2.Of George's editor in the novel it is said, "Fox really has no hope that men will change, that life will ever get much better." What of George? Does he have hope? What does he see in the future for himself and America? How does George's attitude evolve over the course of the novel?

3. Discuss the author's use of the metaphor of the honeycomb throughout the novel and what the image symbolizes. Why do you think he says that "it seemed, then, not only entirely reasonable but even natural that the whole structure of society from top to bottom should be honeycombed with privilege and dishonesty?"

4. What does Wolfe mean when he says of Amy Carleton that "she had slept with everybody. . . but she has never been promiscuous?" What does he mean when he says, "She had tried everything in life - except living?"

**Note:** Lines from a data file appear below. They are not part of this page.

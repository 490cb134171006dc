-- ===== src/Filesystem/Content/Read.antt =====
-- `read` of src/filesystem.rs returns the bytes of the file, and changes no file.
use sqlitefs_temporal.Base.{
  ℕ, zero, suc, ◌+◌, ◌-◌, ◌/◌, ◌%◌, ◌^◌, ◌≤◌, ◌<◌, false, ◌≡◌, refl, ap, ◌∙◌, Option, List, [], ◌∷◌,
  ◌++◌, ◌==◌, arith, length, take, drop, find?,
}
use mathlib.Core.List.{append_assoc, append-nil}
use sqlitefs_temporal.Base.Bytes.{Bytes, byte, slice_lem, byte-part, length-part}
use sqlitefs_temporal.Schema.{Connection, DataRow}
use sqlitefs_temporal.Sqlite.Local.Frame.{SameFiles, SameFiles-refl, SameFiles-trans}
use sqlitefs_temporal.Sqlite.Content.{
  block_size, is_block, blob_of, stored_block, or_zeros, get_data,
}
use sqlitefs_temporal.Sqlite.Content.View.{opt_byte, file_byte}
use sqlitefs_temporal.Sqlite.Content.Release.{byte-or_zeros}
use sqlitefs_temporal.Sqlite.Content.Write.{get_data_lem}
use sqlitefs_temporal.Filesystem.State.{SqliteFs, next, bytes, with_conn, recording, u32, u32_sub}
use sqlitefs_temporal.Filesystem.Inodes.{fetch_block}
use sqlitefs_temporal.Filesystem.Content.{grow, read_end, read_part, read_loop, read}
use sqlitefs_temporal.Filesystem.Content.Merge.{length-grow, byte-grow}

-- The bytes of a file from an offset on.
unfoldable pub file_bytes : Connection → ℕ → ℕ → ℕ → Bytes
file_bytes c ino offset zero = []
file_bytes c ino offset (suc n) = file_byte c ino offset ∷ file_bytes c ino (offset + 1) n

pub eq-file_bytes :
    (c : Connection) (ino n offset : ℕ) (xs : Bytes)
    → length xs ≡ n
    → ((k : ℕ) → k < n → byte xs k ≡ file_byte c ino (offset + k))
    → xs ≡ file_bytes c ino offset n
unfolding file_bytes
eq-file_bytes c ino zero offset [] e h = refl
eq-file_bytes c ino zero offset (x ∷ xs) e h = absurd (omega arith)
eq-file_bytes c ino (suc n) offset [] e h = absurd (omega arith)
eq-file_bytes c ino (suc n) offset (x ∷ xs) e h =
    let z : offset + 0 ≡ offset = omega arith in
    let head : x ≡ file_byte c ino offset = h 0 (omega arith) ∙ ap (file_byte c ino) z in
    let rest : xs ≡ file_bytes c ino (offset + 1) n =
      eq-file_bytes c ino n (offset + 1) xs (omega arith) (λ k l.
        h (suc k) (omega arith)
        ∙ ap (file_byte c ino) (let q : offset + suc k ≡ offset + 1 + k = omega arith in q)) in
    cc (head, rest)

file_bytes-append :
    (c : Connection) (ino m n offset : ℕ)
    → file_bytes c ino offset m ++ file_bytes c ino (offset + m) n ≡ file_bytes c ino offset (m + n)
unfolding file_bytes
file_bytes-append c ino zero n offset =
    let z : offset + 0 ≡ offset = omega arith in let w : 0 + n ≡ n = omega arith in rw (z, w)
file_bytes-append c ino (suc m) n offset =
    let e : offset + suc m ≡ offset + 1 + m = omega arith in
    let w : suc m + n ≡ suc (m + n) = omega arith in
    rw (e, w)
      (ap (λ (t : Bytes). file_byte c ino offset ∷ t) (file_bytes-append c ino m n (offset + 1)))

pub file_bytes-SameFiles :
    {a b : Connection}
    → SameFiles a b
    → (ino n offset : ℕ) → file_bytes b ino offset n ≡ file_bytes a ino offset n
unfolding file_bytes file_byte
file_bytes-SameFiles h ino zero offset = refl
file_bytes-SameFiles h ino (suc n) offset = cc (
  file_bytes-SameFiles h ino n (offset + 1),
  ap
      (λ (rows : List DataRow).
        opt_byte (blob_of (find? (is_block ino (offset / block_size + 1)) rows))
          (offset % block_size))
      h.same_blocks,
)

-- Where the part of a block ends, and how far the read gets, when nothing wraps.
part_bounds :
    (offset size : ℕ)
    → 0 < size
    → offset + size < 2 ^ 32
    → (offset % block_size < read_end size (offset % block_size))
      × (read_end size (offset % block_size) ≤ block_size)
      × (read_end size (offset % block_size) ≤ size + offset % block_size)
part_bounds offset size pos below = ground arith

-- One round reads its block's part of the file.
record PartRead (s : SqliteFs) (ino offset size : ℕ) : Type 0 where
  conn : Connection
  same : SameFiles s.db.conn conn
  result : read_part ino offset size s ≡ (
    next (
        file_bytes s.db.conn ino offset
          (read_end size (offset % block_size) - offset % block_size)),
    with_conn s conn,
  )

part_eq :
    (c : Connection) (ino offset b_end : ℕ) (old : Option Bytes)
    → stored_block c ino (offset / block_size + 1) ≡ old
    → offset % block_size ≤ b_end
    → b_end ≤ block_size
    → take
        (b_end - offset % block_size)
        (drop (offset % block_size) (grow b_end (or_zeros block_size old)))
      ≡ file_bytes c ino offset (b_end - offset % block_size)
part_eq c ino offset b_end old h lo hi =
    let pre = grow b_end (or_zeros block_size old) in
    let part = take (b_end - offset % block_size) (drop (offset % block_size) pre) in
    eq-file_bytes c ino (b_end - offset % block_size) offset part
      (length-part pre (offset % block_size) b_end lo (length-grow b_end (or_zeros block_size old)))
      λ k l.
        let q : (offset + k) / block_size ≡ offset / block_size = omega arith in
        let m : (offset + k) % block_size ≡ offset % block_size + k = omega arith in
        unfold file_byte in
        rw (q, m, h)
          (ground (
            arith,
            byte-part pre (offset % block_size) (b_end - offset % block_size) k,
            byte-grow b_end (or_zeros block_size old) (offset % block_size + k),
            byte-or_zeros block_size (offset % block_size + k) old,
          ))

part_read :
    (s : SqliteFs) (ino offset size : ℕ)
    → s.rewind ≡ false
    → 0 < size
    → offset + size < 2 ^ 32
    → PartRead s ino offset size
part_read s ino offset size live pos below =
    let c = s.db.conn in
    let b_end = read_end size (offset % block_size) in
    let (lo, hi, _) = part_bounds offset size pos below in
    let g = get_data_lem s.db.read_only (recording s) ino (offset / block_size + 1) block_size c in
    let old = or_zeros block_size (stored_block c ino (offset / block_size + 1)) in
    record {
      conn = (get_data s.db.read_only (recording s) ino (offset / block_size + 1) block_size c).1;
      same = g.1;
      result =
          unfold read_part fetch_block in
          rw (
            live,
            g.0,
            slice_lem (grow b_end old) (offset % block_size) b_end (omega arith)
                (length-grow b_end old),
            part_eq c ino offset b_end (stored_block c ino (offset / block_size + 1)) refl
                (omega arith) hi,
          );
    }

record LoopRead (s : SqliteFs) (fuel ino offset size : ℕ) (acc : Bytes) : Type 0 where
  conn : Connection
  same : SameFiles s.db.conn conn
  result :
      read_loop fuel ino offset size acc s
      ≡ (next (bytes (acc ++ file_bytes s.db.conn ino offset size)), with_conn s conn)

read_loop_step :
    (fuel ino offset size : ℕ) (acc part : Bytes) (s s' : SqliteFs)
    → (size == 0) ≡ false
    → read_part ino offset size s ≡ (next part, s')
    → read_loop (suc fuel) ino offset size acc s
      ≡ read_loop fuel ino
          (u32 (offset + u32_sub (read_end size (offset % block_size)) (offset % block_size)))
          (u32_sub size (u32_sub (read_end size (offset % block_size)) (offset % block_size)))
          (acc ++ part)
          s'
unfolding read_loop
read_loop_step fuel ino offset size acc part s s' more r = rw (more, r, read_loop)

read_all :
    (fuel : ℕ) (s : SqliteFs) (ino offset size : ℕ) (acc : Bytes)
    → s.rewind ≡ false
    → size < fuel
    → offset + size < 2 ^ 32
    → LoopRead s fuel ino offset size acc
read_all zero s ino offset size acc live enough below = absurd (omega arith)
read_all (suc fuel) s ino offset zero acc live enough below = record {
  conn = s.db.conn;
  same = SameFiles-refl s.db.conn;
  result = unfold read_loop file_bytes in rw append-nil;
}
read_all (suc fuel) s ino offset (suc size) acc live enough below =
    let n = suc size in
    let c = s.db.conn in
    let b_end = read_end n (offset % block_size) in
    let step = b_end - offset % block_size in
    let (lo, hi, room) = part_bounds offset n (omega arith) below in
    let p = part_read s ino offset n live (omega arith) below in
    let rest =
      read_all fuel (with_conn s p.conn) ino (offset + step) (n - step)
        (acc ++ file_bytes c ino offset step) live (omega arith) (omega arith) in
    let e : u32_sub b_end (offset % block_size) ≡ step = omega arith in
    let o : u32 (offset + step) ≡ offset + step = omega arith in
    let z : u32_sub n step ≡ n - step = omega arith in
    let whole : step + (n - step) ≡ n = omega arith in
    let later : file_bytes p.conn ino (offset + step) (n - step)
        ≡ file_bytes c ino (offset + step) (n - step) =
      file_bytes-SameFiles p.same ino (n - step) (offset + step) in
    let bytes_eq : (acc ++ file_bytes c ino offset step)
          ++ file_bytes p.conn ino (offset + step) (n - step)
        ≡ acc ++ file_bytes c ino offset n =
      rw (later, append_assoc, file_bytes-append, whole) in
    record {
      conn = rest.conn;
      same = SameFiles-trans p.same rest.same;
      result =
          read_loop_step fuel ino offset n acc (file_bytes c ino offset step) s (with_conn s p.conn)
            (ground arith) p.result
          ∙ rw (e, o, z)
              (rest.result ∙ ap (λ (t : Bytes). (next (bytes t), with_conn s rest.conn)) bytes_eq);
    }

-- Reading a range that ends below 2^32 of a mount of the present replies exactly the bytes of the
-- file there, with zeros where nothing is stored, and changes no byte of any file.
pub read_lem :
    (ino offset size : ℕ) (s : SqliteFs) (j p : ℕ)
    → s.rewind ≡ false
    → u32 offset + size < 2 ^ 32
    → ((read ino offset size s).0 ≡ bytes (file_bytes s.db.conn (u32 ino) (u32 offset) size))
      × (file_byte (read ino offset size s).1.db.conn j p ≡ file_byte s.db.conn j p)
unfolding read
read_lem ino offset size s j p live below =
    let r = read_all (suc size) s (u32 ino) (u32 offset) size [] live (omega arith) below in
    rw r.result (refl, unfold file_byte in rw r.same.same_blocks)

5. What is it about the party and ensuing fire at the Jacks' the causes George to conclude at the end of Book II that his love for Esther is not enough, that his aspirations for a life of wealth and privilege have been all wrong? Why is it that he concludes that privilege and truth - particularly for a writer - are incompatible? Moreover, is he right?

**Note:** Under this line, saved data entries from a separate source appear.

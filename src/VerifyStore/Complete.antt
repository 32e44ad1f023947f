-- ===== src/VerifyStore/Complete.antt =====
-- `update` of the verifying store on a stream that is what its digest says: all of it is forwarded.
use native_link.Base.{
  ℕ, zero, suc, ◌+◌, ◌≤◌, ◌<◌, Bool, true, false, Option, none, some, List, [], ◌∷◌, ◌++◌, ltb,
  ◌==◌, ◌≡◌, refl, sym, ap, ◌∙◌, subst, arith, inl, inr, Bool-cases, if_pos, if◌then◌else◌, ok, err,
  length, length-append, concat, concat-snoc, append-nil, add_u64, u64_mod, ℕ_discrete,
}
use mathlib.Core.List.{append_assoc}
use native_link.ActionMessages.{DigestInfo}
use native_link.SizePartitioningStore.{digest, UploadSizeInfo}
use native_link.BufChannel.{ReadHalf, WriteHalf, new_reader}
use native_link.BufChannel.Stream.{
  messages, remaining_of, remaining, Intact, at_end, got, recv-Intact, end_next, chunk_next,
  peek-Intact,
}
use native_link.BufChannel.Turns.{turns, turns_le, recv-turns, peek-turns}
use native_link.BufChannel.Bind.{IsOpen, taken, refused, send-IsOpen, send_eof-IsOpen}
use native_link.VerifyStore.{
  hash_mismatch, VerifyStore, Hasher, Check, Checked, check_eof, check_sum, check_size, check_hash,
  check_end, end_stream, after_send, forward, check_turn, inner_check_update, begin_check, Inner,
  update, update_hasher, wrong_size, joined, update_checked,
}
use native_link.VerifyStore.Outcome.{
  IsHasher, HasHash, Consistent, sent-Consistent, update_hasher-nil,
}
use native_link.VerifyStore.Checks.{hasher_of, hasher_of-maybe_hash, merge-ok}

abbrev pub IsSize : Option ℕ → ℕ → Type 0
IsSize none n = Unit
IsSize (some size) n = n ≡ size

module _ (h : Hasher) (law : IsHasher h) (start : Option h.State) (maybe_size : Option ℕ) (hash : ℕ)
    (all : List ℕ) (small : length all < u64_mod) (sized : IsSize maybe_size (length all))
    (hashed : HasHash h law start hash all) where
  -- A check of the content, some of which it has forwarded.
  record Ready (c : Check h) : Type 0 where
    pub consistent : Consistent h law start c
    pub intact : Intact c.rx
    pub whole : concat c.tx.sent ++ remaining c.rx ≡ all
    pub received : (n : ℕ) → c.tx.receiver n ≡ true

  abbrev Accepts : Option (Checked h) → Type 0
  Accepts run =
      (c : Check h) × (run ≡ some (ok tt, c)) × (c.tx.eof_sent ≡ true) × (concat c.tx.sent ≡ all)

  check_sum-passes :
      (size : Option ℕ) (c : Check h)
      → Intact c.rx
      → IsSize size (c.sum_size + length (remaining c.rx))
      → (r : ReadHalf) × (check_sum h size c ≡ (ok tt, record c { rx = r }))
        × Intact r
        × (remaining r ≡ remaining c.rx)
        × (turns r ≤ turns c.rx)
  unfolding check_sum check_eof
  check_sum-passes none c i s = (c.rx, refl, i, refl, omega arith)
  check_sum-passes (some n) c i s =
      let under : ltb n c.sum_size ≡ false = ground arith in
      elim (Bool-cases (c.sum_size == n)) [
        | inr e ↦ (c.rx, rw (under, e) refl, i, refl, omega arith)
        | inl e ↦
            let nothing : length (remaining c.rx) ≡ 0 = ground arith in
            elim (peek-Intact c.rx i) [
              | end_next r p i' ms m ↦ (
                r,
                rw (under, e, p) refl,
                i',
                ap remaining_of ms ∙ sym m,
                omega (arith, ap (λ x. turns x.1) p, peek-turns c.rx),
              )
              | chunk_next b bs r ms p i' before after ↦ absurd (
                  omega (
                    arith,
                    nothing,
                    ap (λ x. length (remaining_of x)) before,
                    length-append (b ∷ bs) (remaining_of ms),
                  ))
            ]
      ]

  check_size-passes : (size : Option ℕ) (n : ℕ) → IsSize size n → check_size h size n ≡ ok tt
  unfolding check_size
  check_size-passes none n s = refl
  check_size-passes (some size) n s = let e : (n == size) ≡ true = ground arith in rw e refl

  check_hash-passes :
      (s : Option h.State)
      → HasHash h law s hash all
      → check_hash h hash (update_hasher h all s) ≡ ok tt
  unfolding check_hash
  check_hash-passes none g = refl
  check_hash-passes (some s) g =
      if_pos (ℕ_discrete hash (h.hash (h.update s all))) (sym g) (ok tt) (err hash_mismatch)

  end-Accepts :
      (c : Check h)
      → IsOpen c.tx
      → concat c.tx.sent ≡ all
      → c.sum_size ≡ length all
      → c.maybe_hasher ≡ update_hasher h all start
      → Accepts (
          some
            (check_end h (check_size h maybe_size c.sum_size) (check_hash h hash c.maybe_hasher) c))
  end-Accepts c o whole sum same = (
    record c { tx = record (c.tx) { eof_sent = true; tx = false } },
    ap (λ s. some (check_end h s (check_hash h hash c.maybe_hasher) c))
          (ap (check_size h maybe_size) sum ∙ check_size-passes maybe_size (length all) sized)
        ∙ (ap (λ s. some (check_end h (ok tt) s c))
              (ap (check_hash h hash) same ∙ check_hash-passes start hashed)
            ∙ ap (λ s. some (end_stream h s c)) (send_eof-IsOpen c.tx o)),
    refl,
    whole,
  )

  IsSize-of_sum :
      (size : Option ℕ) (n : ℕ) → n ≡ length all → IsSize size (length all) → IsSize size n
  IsSize-of_sum none n e s = tt
  IsSize-of_sum (some k) n e s = e ∙ s

  -- The turn on the end of the stream.
  end_turn :
      (go : Check h → Option (Checked h)) (c : Check h) (r : ReadHalf)
      → Ready c
      → Intact r
      → remaining c.rx ≡ []
      → messages r ≡ []
      → Accepts (check_turn h go maybe_size hash (ok [], r) c)
  end_turn go c r k i m ms =
      let c1 = record c { rx = r; sum_size = add_u64 c.sum_size 0 } in
      let whole : concat c.tx.sent ≡ all =
        sym (append-nil (concat c.tx.sent)) ∙ (ap (λ t. concat c.tx.sent ++ t) (sym m) ∙ k.whole) in
      let sum : add_u64 c.sum_size 0 ≡ length all =
        omega (arith, ap length whole, k.consistent.counted) in
      let (r2, f, i2, same, less) = check_sum-passes maybe_size c1 i (
        IsSize-of_sum maybe_size (c1.sum_size + length (remaining r))
          (omega (arith, sum, ap (λ x. length (remaining_of x)) ms)) sized) in
      subst (λ x. Accepts (forward h go maybe_size hash [] x)) (sym f)
        (end-Accepts (record c1 { rx = r2 }) k.consistent.tx_open whole sum
          (k.consistent.hashed ∙ ap (λ d. update_hasher h d start) whole))

  -- The content stays whole when a chunk moves from the reader to the writer.
  still_whole :
      (c : Check h) (chunk : List ℕ) (r : ReadHalf) (w : WriteHalf)
      → Ready c
      → w.sent ≡ c.tx.sent ++ chunk ∷ []
      → chunk ++ remaining r ≡ remaining c.rx
      → concat w.sent ++ remaining r ≡ all
  still_whole c chunk r w k sent moved =
      ap (λ x. concat x ++ remaining r) sent
      ∙ (ap (λ x. x ++ remaining r) (concat-snoc c.tx.sent chunk)
          ∙ (append_assoc (concat c.tx.sent) chunk (remaining r)
              ∙ (ap (λ t. concat c.tx.sent ++ t) moved ∙ k.whole)))

  -- The turn on a chunk: it is sent, and the check goes on.
  chunk_turn :
      (go : Check h → Option (Checked h)) (c : Check h) (b : ℕ) (bs : List ℕ) (r : ReadHalf)
      → Ready c
      → Intact r
      → (b ∷ bs) ++ remaining r ≡ remaining c.rx
      → ((c' : Check h) → turns c'.rx ≤ turns r → Ready c' → Accepts (go c'))
      → Accepts (check_turn h go maybe_size hash (ok (b ∷ bs), r) c)
  chunk_turn go c b bs r k i moved rest =
      let chunk : List ℕ = b ∷ bs in
      let c1 = record c { rx = r; sum_size = add_u64 c.sum_size (length chunk) } in
      let n = ap length (sym k.whole) ∙ length-append (concat c.tx.sent) (remaining c.rx) in
      let (r2, f, i2, same, less) = check_sum-passes maybe_size c1 i (
        IsSize-of_sum maybe_size (c1.sum_size + length (remaining r))
          (omega
            (arith, n, length-append chunk (remaining r), ap length moved, k.consistent.counted))
          sized) in
      subst (λ x. Accepts (forward h go maybe_size hash chunk x)) (sym f)
        (elim (send-IsOpen b bs c.tx k.consistent.tx_open) [
          | taken w s o sent kept there ↦
              subst (λ x. Accepts (after_send h go chunk x (record c1 { rx = r2 }))) (sym s)
                (rest
                  (record c1 {
                    rx = r2;
                    tx = w;
                    maybe_hasher = update_hasher h chunk c.maybe_hasher;
                  })
                  less
                  (record {
                    consistent = sent-Consistent h law start c chunk r2 w k.consistent o sent;
                    intact = i2;
                    whole = still_whole c chunk r2 w k sent (ap (λ t. chunk ++ t) same ∙ moved);
                    received = λ j. ap (λ g. g j) kept ∙ k.received j;
                  }))
          | refused x w s x1 x2 gone ↦ absurd (cc (k.received (length c.tx.sent)))
        ])

  loop-Accepts :
      (fuel : ℕ) (c : Check h)
      → turns c.rx < fuel
      → Ready c
      → Accepts (inner_check_update h fuel maybe_size hash c)
  unfolding inner_check_update
  loop-Accepts zero c l k = absurd (omega arith)
  loop-Accepts (suc fuel) c l k =
      let go = inner_check_update h fuel maybe_size hash in
      elim (recv-Intact c.rx k.intact) [
        | at_end r e i m ms ↦
            subst (λ x. Accepts (check_turn h go maybe_size hash x c)) (sym e)
              (end_turn go c r k i m ms)
        | got b bs r e i m ↦
            subst (λ x. Accepts (check_turn h go maybe_size hash x c)) (sym e)
              (chunk_turn go c b bs r k i (ap remaining_of (sym m))
                (λ c' less k'. loop-Accepts fuel c' (omega (arith, recv-turns c.rx r b bs e)) k'))
      ]

-- On a stream that its writer has ended, whose content is below 2 ^ 64 bytes and has the size and
-- the hash that are verified, with a size hint that does not contradict the digest and a receiver
-- that stays, the update forwards all of it, ends the stream and returns what the store behind
-- answers.
pub update_complete :
    (h : Hasher) (law : IsHasher h) (store : VerifyStore) (start : h.State) (inner : Inner h)
    (receiver : ℕ → Bool) (d : DigestInfo) (reader : ReadHalf) (size_info : UploadSizeInfo)
    (fuel : ℕ)
    → length (messages reader) < fuel
    → Intact reader
    → ((n : ℕ) → receiver n ≡ true)
    → length (remaining reader) < u64_mod
    → IsSize (if store.verify_size then some d.size_bytes else none) (length (remaining reader))
    → HasHash h law (hasher_of h store start) d.packed_hash (remaining reader)
    → wrong_size h store.verify_size size_info d.size_bytes ≡ false
    → (w : WriteHalf) × (update h fuel store (ok start) inner receiver (digest d) reader size_info
        ≡ some (inner d (new_reader w) size_info, w))
      × (w.eof_sent ≡ true)
      × (concat w.sent ≡ remaining reader)
unfolding update
update_complete h law store start inner receiver d reader size_info fuel l i there small sized
      hashed right =
    let maybe_size = if store.verify_size then some d.size_bytes else none in
    let hasher = hasher_of h store start in
    let (c, e, sent, whole) =
      loop-Accepts h law hasher maybe_size d.packed_hash (remaining reader) small sized hashed fuel
        (begin_check h receiver reader hasher) (omega (arith, turns_le reader))
        (record {
          consistent = record {
            tx_open = record { opened = refl; not_ended = refl };
            counted = refl;
            hashed = update_hasher-nil h law hasher;
          };
          intact = i;
          whole = refl;
          received = there;
        }) in
    (
      c.tx,
      rw right (
          ap (update_checked h fuel store inner receiver d reader size_info)
            (hasher_of-maybe_hash h store start)
          ∙ (ap (joined h inner d size_info) e
              ∙ ap (λ x. some (x, c.tx)) (merge-ok (inner d (new_reader c.tx) size_info)))),
      sent,
      whole,
    )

6. Consider the writing-school dictum of "write what you know" in terms of how it relates to George's - and Wolfe's - novel. Has George taken this advice too literally? Can you think of successful novels that have rung true to you, but which contained events that could not possibly have been drawn from the author's personal experience?

7. Within the world depicted in the novel, is social class and position more important than ethnic background and nationality in determining character? Is it true that, as Wolfe says, "one tells a good deal more about a man when one says he is a chemist than when one says he is an Englishman?" Would the same hold true today?

8. Is it possible for a person to eradicate his roots, a step that George deems necessary if, as he says, "a man was to win his ultimate freedom and not be plunged back into savagery and perish utterly from the earth?"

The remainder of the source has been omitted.